Homeworld Collective is backed by leading science philanthropies including Schmidt Futures and the Grantham Foundation for the Protection of the Environment. Having successfully raised $3.5 million, the funding will be used to create crucial community resources from knowledge roadmaps to datasets, actively connect practitioners in emerging problem spaces, and provide grants for the novel climate biotech research that the growing community produces.

Daniel Goodwin, Ph.D., and Paul Reginato, Ph.D., founders of Homeworld Collective, began building their global community in 2019 after recognizing the dire lack of community, resources, funding, and education in the field of climate biotechnology. Having started as an informal community, Homeworld Collective was officially established as a nonprofit in 2022.

“We are empowering an attitude of action-oriented climate optimism,” said Paul Reginato, Founding Co-Director of Homeworld Collective. “There are countless biotechnologists worldwide looking to apply their talents to building a sustainable way of life and protecting our planet. However, many of these brilliant and driven individuals struggle with a lack of clear pathways to impact and people to work with. The revolution in biotechnology we’ve seen over the last few decades was driven by medicine, and, as a result, there is a very well-established community around medical biotech that provides plenty of opportunities to biotechnologists looking to make a difference in human health. In contrast, climate biotechnology currently lacks the social infrastructure and problem maps that can enable people to connect to impactful work. We’re eager to extend our support to this motivated community and continue building pathways to meaningful and impactful work in climate biotechnology.”

To support its vision of building a vibrant community of practice in climate biotech, Homeworld Collective’s Garden Grants program will launch with a novel grantmaking framework that strengthens the community around high-impact problems while providing $1M for research funding through Fast-Grants-style grantmaking. The first round of grantmaking is scoped on climate solutions that utilize protein engineering. That scoping choice was motivated by a thesis that protein engineering, a high-growth branch of biotechnology (e.g., AlphaFold), has an outsize potential for climate impact but is underfunded.

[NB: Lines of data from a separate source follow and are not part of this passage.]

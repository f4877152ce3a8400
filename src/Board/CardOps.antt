-- ===== src/Board/CardOps.antt =====
-- src/board/card-ops.ts: finding cards by a query, and the operations on a board's cards.
pub mod Queries
pub mod Finding
pub mod Laws
pub mod Sequences
unfoldable pub use Queries.*
use tukan.Prelude.{ℕ, Bool, false, Option, none, some, [], if◌then◌else◌, or_else, is_some}
use tukan.Text.{Text, units}
use tukan.Dict.{get, set}
use tukan.Board.{Card, BoardConfig, col_todo, col_in_progress, col_done}

pub record AddCardOpts : Type 0 where
  pub name : Text
  pub description : Option Text
  pub acceptance_criteria : Option Text
  pub dir : Option Text
  pub command : Option Text
  pub custom_command : Option Text
  pub worktree : Option Bool
  pub worktree_path : Option Text
  pub session_name : Text

-- `id` is the result of `randomUUID()`, `cwd` of `process.cwd()` and `now` of `Date.now()`.
unfoldable pub create_card : (id cwd : Text) (now : ℕ) → AddCardOpts → Card
create_card id cwd now opts = record {
  id = id;
  name = opts.name;
  description = or_else opts.description [];
  acceptance_criteria = or_else opts.acceptance_criteria [];
  column_id = col_todo;
  session_name = opts.session_name;
  dir = or_else opts.dir cwd;
  command = or_else opts.command (units "shell");
  custom_command = opts.custom_command;
  worktree = or_else opts.worktree false;
  worktree_path = if or_else opts.worktree false then opts.worktree_path else none;
  window_id = none;
  created_at = now;
  started_at = none;
  closed_at = none;
}

unfoldable pub add_card_to_config : BoardConfig → Card → BoardConfig
add_card_to_config config card = record config { cards = set card.id card config.cards }

unfoldable pub mark_card_started : ℕ → BoardConfig → Text → Text → BoardConfig
mark_card_started now config card_id window_id = elim (get card_id config.cards) [
  | none ↦ config
  | some card ↦ record config {
    cards =
        set card_id
          (record card {
            window_id = some window_id;
            started_at = some now;
            column_id = col_in_progress;
            closed_at = none;
          })
          config.cards;
  }
]

unfoldable pub mark_card_stopped : ℕ → BoardConfig → Text → BoardConfig
mark_card_stopped now config card_id = elim (get card_id config.cards) [
  | none ↦ config
  | some card ↦ record config {
    cards = set card_id (record card { window_id = none; closed_at = some now }) config.cards;
  }
]

unfoldable pub resolve_card_in_config : ℕ → BoardConfig → Text → BoardConfig
resolve_card_in_config now config card_id = elim (get card_id config.cards) [
  | none ↦ config
  | some card ↦ record config {
    cards =
        set card_id (record card { column_id = col_done; window_id = none; closed_at = some now })
          config.cards;
  }
]

pub record EditCardFields : Type 0 where
  pub name : Option Text
  pub description : Option Text
  pub acceptance_criteria : Option Text
  pub dir : Option Text
  pub command : Option Text
  pub custom_command : Option Text
  pub worktree : Option Bool
  pub worktree_path : Option Text

-- the assignments to `updated`
unfoldable pub apply_fields : EditCardFields → Card → Card
apply_fields fields card = record card {
  name = or_else fields.name card.name;
  description = or_else fields.description card.description;
  acceptance_criteria = or_else fields.acceptance_criteria card.acceptance_criteria;
  dir = or_else fields.dir card.dir;
  command = or_else fields.command card.command;
  custom_command = if is_some fields.command then fields.custom_command else card.custom_command;
  worktree = or_else fields.worktree card.worktree;
  worktree_path = elim fields.worktree [
    | none ↦ card.worktree_path
    | some on ↦ if on then fields.worktree_path else none
  ];
}

unfoldable pub edit_card_in_config : BoardConfig → Text → EditCardFields → BoardConfig
unfolding apply_fields
edit_card_in_config config card_id fields = elim (get card_id config.cards) [
  | none ↦ config
  | some card ↦ record config { cards = set card_id (apply_fields fields card) config.cards }
]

While protein engineering has the potential for impact in sustainability applications ranging from biomanufacturing to agriculture to mining, it falls into a climate tech funding gap: protein engineering efforts for sustainability are too application-focused to be funded as fundamental research, yet too risky to be funded as applied research or backed by private capital. Homeworld’s analysis of 177,962 National Science Foundation (NSF) grants and 188,487 Department of Energy (DoE)-funded publications showed that only 0.1% of NSF funding since 2009 and 1% of DoE-backed publications were for protein engineering in the context of climate. Beyond fast funding, Homeworld will provide a cohort and mentorship program for the applicants it funds and will educate the broader community by publicly sharing high-quality problem statements derived from the projects it funds. Through combined funding, community building, and education, Homeworld’s goal is for the Garden Grants program to direct the rapid growth of protein engineering technology toward sustainability.

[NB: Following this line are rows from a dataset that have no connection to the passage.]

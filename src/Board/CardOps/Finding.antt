-- ===== src/Board/CardOps/Finding.antt =====
-- How well a card answers a query, and what `findCards` and `resolveCard` make of that.
use tukan.Prelude.{
  ℕ, zero, suc, ◌+◌, ◌≤◌, ◌<◌, ◌≡◌, refl, sym, ap, ◌∙◌, subst, ◌≢◌, ◌⊎◌, false, any, inl, inr, ◌&&◌,
  none, some, List, [], ◌∷◌, arith, leb, nat_eq, if◌then◌else◌, Bool-cases, Option-cases,
  List-cases, length, All, Has, All-weaken, nat_eq_iff,
}
use tukan.Text.{Text, ◌==◌, starts_with, includes, LowerCase}
use tukan.Text.Equality.{eq_iff, eq_refl}
use tukan.Dict.{Dict, get, IsDistinct}
use tukan.Board.{Card}
use tukan.Board.Columns.{object_members}
use native.Mathlib.Decide.{dec_lt}
use tukan.Board.CardOps.{
  CardMatch, prefix_matches, name_matches, or_next, find_cards, resolve_matches, resolve_card,
  resolved,
}

module _ (locale : LowerCase) (query : Text) where
  abbrev lower : Text → Text
  lower = locale.to_lower_case

  -- How well an entry answers the query: 0 by its id, 1 by a prefix of its id of four characters or
  -- more, 2 by its name, 3 by a part of its name, 4 not at all. Letter case does not count in names.
  pub rank : CardMatch → ℕ
  rank m =
      if m.id == query
      then 0
      else if starts_with m.id query && leb 4 (length query)
      then 1
      else if lower m.card.name == lower query
      then 2
      else if includes (lower m.card.name) (lower query)
      then 3
      else 4

  pub of_rank : ℕ → Dict Card → List CardMatch
  of_rank n [] = []
  of_rank n ((id, card) ∷ cards) =
      let m : CardMatch = record { id = id; card = card } in
      let rest = of_rank n cards in if nat_eq (rank m) n then m ∷ rest else rest

  -- The entries of the first of `count` ranks from `n` on that has any.
  pub best_from : (count n : ℕ) → Dict Card → List CardMatch
  best_from zero n cards = []
  best_from (suc count) n cards = or_next (of_rank n cards) (best_from count (n + 1) cards)

  pub best : Dict Card → List CardMatch
  unfolding best_from
  best cards = best_from 4 0 cards

  of_rank-zero_of_missing : (cards : Dict Card) → get query cards ≡ none → of_rank 0 cards ≡ []
  unfolding get of_rank rank
  of_rank-zero_of_missing [] h = refl
  of_rank-zero_of_missing ((id, card) ∷ cards) h = ground (arith, of_rank-zero_of_missing cards)

  of_rank-zero_of_stored :
      (cards : Dict Card) (card : Card)
      → IsDistinct cards
      → get query cards ≡ some card
      → of_rank 0 cards ≡ record { id = query; card = card } ∷ []
  unfolding get of_rank rank
  of_rank-zero_of_stored [] card d h = cc
  of_rank-zero_of_stored ((id, c) ∷ cards) card (fresh, d) h =
      ground
        (arith, eq_iff id query, of_rank-zero_of_missing cards, of_rank-zero_of_stored cards card d)

  prefix_matches-eq-of_rank :
      (cards : Dict Card) → get query cards ≡ none → prefix_matches cards query ≡ of_rank 1 cards
  unfolding get of_rank rank prefix_matches
  prefix_matches-eq-of_rank [] h = refl
  prefix_matches-eq-of_rank ((id, card) ∷ cards) h = ground (arith, prefix_matches-eq-of_rank cards)

  name_matches-eq-of_rank :
      (cards : Dict Card)
      → get query cards ≡ none
      → prefix_matches cards query ≡ []
      → name_matches locale cards (lower query) ≡ (of_rank 2 cards, of_rank 3 cards)
  unfolding get of_rank rank prefix_matches name_matches
  name_matches-eq-of_rank [] h p = refl
  name_matches-eq-of_rank ((id, card) ∷ cards) h p = ground (arith, name_matches-eq-of_rank cards)

  -- `findCards` returns the entries of the best rank that any entry has, all of them and no other,
  -- in the board's order, for a board with distinct ids and a query that names no inherited member.
  pub find_cards-eq-best :
      (member : Text → Card) (cards : Dict Card)
      → any (λ name. name == query) object_members ≡ false
      → IsDistinct cards
      → find_cards locale member cards query ≡ best cards
  unfolding find_cards best
  find_cards-eq-best member cards own d = elim (Option-cases (get query cards)) [
    | inl missing ↦
        rw (missing, find_cards)
          (rw (own, find_cards)
            (ground (
              arith,
              of_rank-zero_of_missing cards,
              prefix_matches-eq-of_rank cards,
              name_matches-eq-of_rank cards,
            )))
    | inr (card, stored) ↦ ground (arith, of_rank-zero_of_stored cards card d stored)
  ]

  abbrev IsAnswer : Dict Card → ℕ → CardMatch → Type 0
  IsAnswer cards n m = (get m.id cards ≡ some m.card) × (rank m ≡ n)

  IsAnswer-cons :
      (id : Text) (card : Card) (cards : Dict Card) (n : ℕ)
      → get id cards ≡ none
      → (m : CardMatch) → IsAnswer cards n m
      → IsAnswer ((id, card) ∷ cards) n m
  unfolding get
  IsAnswer-cons id card cards n fresh m (g, r) = ground (arith, eq_iff id m.id)

  of_rank_sound :
      (n : ℕ) (cards : Dict Card) → IsDistinct cards → All (IsAnswer cards n) (of_rank n cards)
  unfolding of_rank get
  of_rank_sound n [] d = tt
  of_rank_sound n ((id, card) ∷ cards) (fresh, d) =
      let later =
        All-weaken _ _ (of_rank n cards) (IsAnswer-cons id card cards n fresh)
          (of_rank_sound n cards d) in
      let m : CardMatch = record { id = id; card = card } in
      elim (Bool-cases (nat_eq (rank m) n)) [
        | inl same ↦ rw same ((rw (eq_refl id), (nat_eq_iff _ _).0 same), later)
        | inr other ↦ rw other later
      ]

  of_rank_complete :
      (n : ℕ) (cards : Dict Card) (m : CardMatch) → IsAnswer cards n m → Has m (of_rank n cards)
  unfolding of_rank get
  of_rank_complete n [] m (g, r) = cc
  of_rank_complete n ((id, card) ∷ cards) m (g, r) =
      ground (arith, of_rank_complete n cards m, eq_iff id m.id)

  best_from-singleton :
      (count n : ℕ) (cards : Dict Card) (m : CardMatch)
      → best_from count n cards ≡ m ∷ []
      → (k : ℕ) × (of_rank k cards ≡ m ∷ [])
        × (k < n + count)
        × ((i : ℕ) → n ≤ i → i < k → of_rank i cards ≡ [])
  unfolding best_from
  best_from-singleton zero n cards m h = cc
  best_from-singleton (suc count) n cards m h = elim (List-cases (of_rank n cards)) [
    | inl nothing ↦
        let (k, found, bound, before) = best_from-singleton count (n + 1) cards m (ground arith) in
        (
          k,
          found,
          omega arith,
          λ i ge lt. elim (dec_lt n i) [
            | yes after ↦ before i (omega arith) lt
            | no here ↦ let e : i ≡ n = omega arith in rw e nothing
          ],
        )
    | inr (x, rest, e) ↦ (n, ground arith, omega arith, λ i ge lt. absurd (omega arith))
  ]

  resolve_matches-singleton :
      (ms : List CardMatch) (id : Text) (card : Card)
      → resolve_matches query ms ≡ resolved id card
      → ms ≡ record { id = id; card = card } ∷ []
  unfolding resolve_matches
  resolve_matches-singleton [] id card h = cc
  resolve_matches-singleton (m ∷ []) id card h = ground arith
  resolve_matches-singleton (m ∷ n ∷ ms) id card h = cc

  -- The only entry of the first rank that has any is better than all others.
  singleton_is_best :
      (k : ℕ) (cards : Dict Card) (m o : CardMatch)
      → of_rank k cards ≡ m ∷ []
      → ((i : ℕ) → i < k → of_rank i cards ≡ [])
      → get o.id cards ≡ some o.card
      → o.id ≢ m.id
      → k < rank o
  singleton_is_best k cards m o found before stored ne = elim (dec_lt k (rank o)) [
    | yes worse ↦ worse
    | no same_or_better ↦ elim (dec_lt (rank o) k) [
      | yes better ↦ absurd (
          subst (Has o) (before (rank o) better) (of_rank_complete (rank o) cards o (stored, refl)))
      | no not_better ↦
          let same : rank o ≡ k = omega arith in
          let here : Has o (m ∷ []) =
            subst (Has o) found (of_rank_complete k cards o (stored, same)) in
          absurd (only m o ne here)
    ]
  ]
    where
      only : (m o : CardMatch) → o.id ≢ m.id → Has o (m ∷ []) → ⊥
      only m o ne (inl e) = ne (ap (λ (c : CardMatch). c.id) (sym e))
      only m o ne (inr h) = h

  All-entries :
      (P : Text × Card → Type 0) (cards : Dict Card)
      → IsDistinct cards
      → ((j : Text) (other : Card) → get j cards ≡ some other → P (j, other))
      → All P cards
  unfolding get
  All-entries P [] d h = tt
  All-entries P ((id, card) ∷ cards) (fresh, d) h = (
    h id card (rw (eq_refl id)),
    All-entries P cards d (λ j other there. h j other (ground (arith, eq_iff id j))),
  )

  -- On a board with distinct ids, a query that resolves, and is not the name of a member of
  -- `Object.prototype`, names a card of the board that answers it, and every other card of the board
  -- answers it strictly worse.
  pub resolve_card-best :
      (member : Text → Card) (cards : Dict Card) (id : Text) (card : Card)
      → any (λ name. name == query) object_members ≡ false
      → IsDistinct cards
      → resolve_card locale member cards query ≡ resolved id card
      → (get id cards ≡ some card)
        × (rank (record { id = id; card = card }) < 4)
        × All
            (λ (e : Text × Card).
              (e.0 ≡ id)
              ⊎ (rank (record { id = id; card = card }) < rank (record { id = e.0; card = e.1 })))
            cards
  unfolding resolve_card best
  resolve_card-best member cards id card own d h =
      let m : CardMatch = record { id = id; card = card } in
      let one =
        sym (find_cards-eq-best member cards own d) ∙ resolve_matches-singleton _ id card h in
      let (k, found, bound, before) = best_from-singleton 4 0 cards m one in
      let answer : IsAnswer cards k m =
        (subst (All (IsAnswer cards k)) found (of_rank_sound k cards d)).0 in
      let (stored, r) = answer in
      (
        stored,
        rw r bound,
        All-entries _ cards d (λ j other there. elim (Bool-cases (j == id)) [
          | inl same ↦ inl ((eq_iff j id).0 same)
          | inr differs ↦ inr (
              rw r (
                singleton_is_best k cards m (record { id = j; card = other }) found
                  (λ i lt. before i (omega arith) lt) there (ground (arith, eq_iff j id))))
        ]),
      )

“At this point, we’ve met with over 500 practitioners across the climate biotech ecosystem,” said Daniel Goodwin, Founding Co-Director of Homeworld Collective. “Creating funding resources — like our Garden Grants program — is critical, but not sufficient to support a thriving community in climate biotech. We need to go beyond financial resources and think about what makes a community productive, and make tools that improve the productivity of an entire field by supporting the needs of practitioners as fully as possible.”

One such tool that Homeworld Collective is focusing on is technology roadmap development and the work that it facilitates — the roadmaps identify the most promising and impactful research pathways in emerging areas of climate biotech. Homeworld Collective then connects biotechnologists with engineers in disparate disciplines who together have the requisite expertise to address the novel research challenges identified by the roadmaps. Once these problem-specific sub-communities are formed, Homeworld advocates for funding, whether to third parties or by creating new types of grants in the Garden Grants program. The result is a virtuous cycle where knowledge creation, community building, and funding come together for maximum impact. Homeworld Collective recently released Part 1 of its three-part Roadmap for Biotechnology in Carbon Dioxide Removal (CDR), an emerging interdisciplinary technology space that is anticipated to become one of the world’s largest industries by midcentury. As part of the roadmap, the organization identified a set of 13 actionable problems researchers can begin working on today in the field that the IPCC says will be a critical component of the transition to a decarbonized society.

The climate technology market is expected to grow at a CAGR of 24% through 2033 to a total market size of $183 billion. Climate biotechnology is a rapidly developing sub-field that leverages the power of cutting-edge biotechnology to develop a broad set of solutions to climate change, yet it is a field that is underdefined and under-resourced. In establishing Homeworld Collective, climate solutions — including sustainable manufacturing, efficient mining of critical minerals for the energy transition, the improvement of crop productivity and climate resistance, and the conservation and restoration of ecosystems — will be prioritized, funded, developed, and deployed at an accelerated pace, simultaneously elevating the field of climate biotechnology and the individuals innovating within it simultaneously.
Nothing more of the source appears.